§ **WORK TO COMPLETE**: Whichever lines of the entries hold the word "List" should be identified and copied.
%%
-- ===== src/Repository.antt =====
-- The repositories (internal/repository): each SQL statement is a function on the tables, and each
-- method runs its statements in the order of the source. Names of new rows (`uuid.New()`) and
-- the current time are arguments.
pub mod Insert
pub mod Payments
pub mod Refunds
pub mod Payouts
pub mod Balances
pub mod Statistics
pub mod Merchants
pub mod Callbacks
pub mod Keys
pub mod Scans
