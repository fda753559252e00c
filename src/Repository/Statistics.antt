-- ===== src/Repository/Statistics.antt =====
-- The counts and sums over `payments` (internal/repository/payment_repository_update.go), as reads
-- of the tables.
use pg_aggregator_back.Common.{
  ℕ, Bool, true, ◌&&◌, List, [], ◌∷◌, ◌+◌, ℤ, pos, ◌+ℤ◌, ◌==◌, if◌then◌else◌,
}
use pg_aggregator_back.Payment.{Status, paid, Payment, status_eq}
use pg_aggregator_back.Store.Action.{Sql, query}
use pg_aggregator_back.Repository.Insert.{scan_int64}

abbrev pub count_where : (Payment → Bool) → List Payment → ℕ
count_where f [] = 0
count_where f (p ∷ ps) = if f p then 1 + count_where f ps else count_where f ps

abbrev pub sum_where : (Payment → Bool) → List Payment → ℤ
sum_where f [] = pos 0
sum_where f (p ∷ ps) = if f p then p.amount +ℤ sum_where f ps else sum_where f ps

abbrev pub of_merchant : ℕ → Status → Payment → Bool
of_merchant m s p = p.merchant_id == m && status_eq p.status s

-- `CountByStatus`
unfoldable pub count_by_status : ℕ → Status → Sql ℤ
count_by_status m s = query (λ d. scan_int64 (pos (count_where (of_merchant m s) d.payments)))

-- `GetTotalAmount`
unfoldable pub get_total_amount : ℕ → Status → Sql ℤ
get_total_amount m s = query (λ d. scan_int64 (sum_where (of_merchant m s) d.payments))

-- `CountAll`
unfoldable pub count_all : Sql ℤ
count_all = query (λ d. scan_int64 (pos (count_where (λ p. true) d.payments)))

-- `CountAllByStatus`
unfoldable pub count_all_by_status : Status → Sql ℤ
count_all_by_status s =
    query (λ d. scan_int64 (pos (count_where (λ p. status_eq p.status s) d.payments)))

-- `SumPaidAmount`
unfoldable pub sum_paid_amount : Sql ℤ
sum_paid_amount = query (λ d. scan_int64 (sum_where (λ p. status_eq p.status paid) d.payments))
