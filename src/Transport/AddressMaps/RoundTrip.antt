-- ===== src/Transport/AddressMaps/RoundTrip.antt =====
-- A section of the address map table, as a sender writes it, is read back.

use libaribtlv.Transport.Data.{give}
use libaribtlv.Transport.AddressMaps.{parse_address_map}
use libaribtlv.Reader.{be16}
use libaribtlv.Base.{
  ℕ, ◌+◌, ◌-◌, ◌*◌, ◌/◌, ◌%◌, ◌≤◌, ◌<◌, ◌≡◌, refl, Bool, true, false, List, ◌∷◌, ◌++◌, ◌==◌, length,
  take, length-append, Bytes, All, arith,
}
use libaribtlv.Transport.AddressMaps.Services.{
  Service, IsService, write_services, services_of, take_front, ltb-false, be16-split,
  services_from-write,
}

-- A section before it is written. The checksum is not read here.
pub record Section : Type 0 where
  pub extension : ℕ
  pub version : ℕ
  pub current : Bool
  pub number : ℕ
  pub last : ℕ
  pub services : List Service
  pub checksum : Bytes

abbrev pub bit : Bool → ℕ
bit true = 1
bit false = 0

abbrev pub write_section : Section → Bytes
write_section t =
    let body = write_services t.services in
    0xfe
    ∷ (176 + (length body + 11) / 256)
    ∷ ((length body + 11) % 256)
    ∷ (t.extension / 256)
    ∷ (t.extension % 256)
    ∷ (192 + 2 * t.version + bit t.current)
    ∷ t.number
    ∷ t.last
    ∷ (length t.services * 64 / 256)
    ∷ (length t.services * 64 % 256)
    ∷ (body ++ t.checksum)

-- What the widths of its fields admit.
pub record IsSent (t : Section) : Type 0 where
  pub extension_fits : t.extension < 65536
  pub version_fits : t.version < 32
  pub in_order : t.number ≤ t.last
  pub last_fits : t.last < 256
  pub services_fit : length t.services < 1024
  pub are_services : All IsService t.services
  pub checksum_width : length t.checksum ≡ 4

version_bits : (v : ℕ) (c : Bool) → v < 32 → (192 + 2 * v + bit c) / 2 % 32 ≡ v
version_bits v true h = omega arith
version_bits v false h = omega arith

current_bit : (v : ℕ) (c : Bool) → ((192 + 2 * v + bit c) % 2 == 1) ≡ c
current_bit v true = ground arith
current_bit v false = ground arith

-- A section of the address map table that is written with services of either version of IP, with
-- prefixes in bounds and with its numbers in order, is read back with every field and every service,
-- and nothing is reported.
pub parse_address_map-write :
    (offset : ℕ) (t : Section)
    → IsSent t
    → parse_address_map (write_section t) offset
      ≡ give (record {
        table_id_extension = t.extension;
        version = t.version;
        current_next = t.current;
        section_number = t.number;
        last_section_number = t.last;
        services = services_of t.services;
        input_offset = offset;
      })
unfolding parse_address_map
parse_address_map-write offset t w =
    rw (ltb-false (length (write_section t)) 14 (omega (arith, size))) (
      rw (ltb-false t.last t.number w.in_order) (
        rw counted (
          rw payload (
            rw (services_from-write offset t.services w.are_services) (
              rw (be16-split t.extension) (
                rw (version_bits t.version t.current w.version_fits)
                  (rw (current_bit t.version t.current) refl)))))))
  where
    body : Bytes
    body = write_services t.services

    size : length (body ++ t.checksum) ≡ length body + 4
    size = omega (arith, length-append body t.checksum, w.checksum_width)

    counted :
        be16 (length t.services * 64 / 256) (length t.services * 64 % 256) / 64 ≡ length t.services
    counted = omega arith

    payload : take (length (write_section t) - 14) (body ++ t.checksum) ≡ body
    payload = take_front (length (write_section t) - 14) body t.checksum (omega (arith, size))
%%
§ **SOLVED PROBLEM**:
  ℕ, Bool, true, ◌&&◌, List, [], ◌∷◌, ◌+◌, ℤ, pos, ◌+ℤ◌, ◌==◌, if◌then◌else◌,
abbrev pub count_where : (Payment → Bool) → List Payment → ℕ
abbrev pub sum_where : (Payment → Bool) → List Payment → ℤ
  ℕ, ◌+◌, ◌-◌, ◌*◌, ◌/◌, ◌%◌, ◌≤◌, ◌<◌, ◌≡◌, refl, Bool, true, false, List, ◌∷◌, ◌++◌, ◌==◌, length,
  pub services : List Service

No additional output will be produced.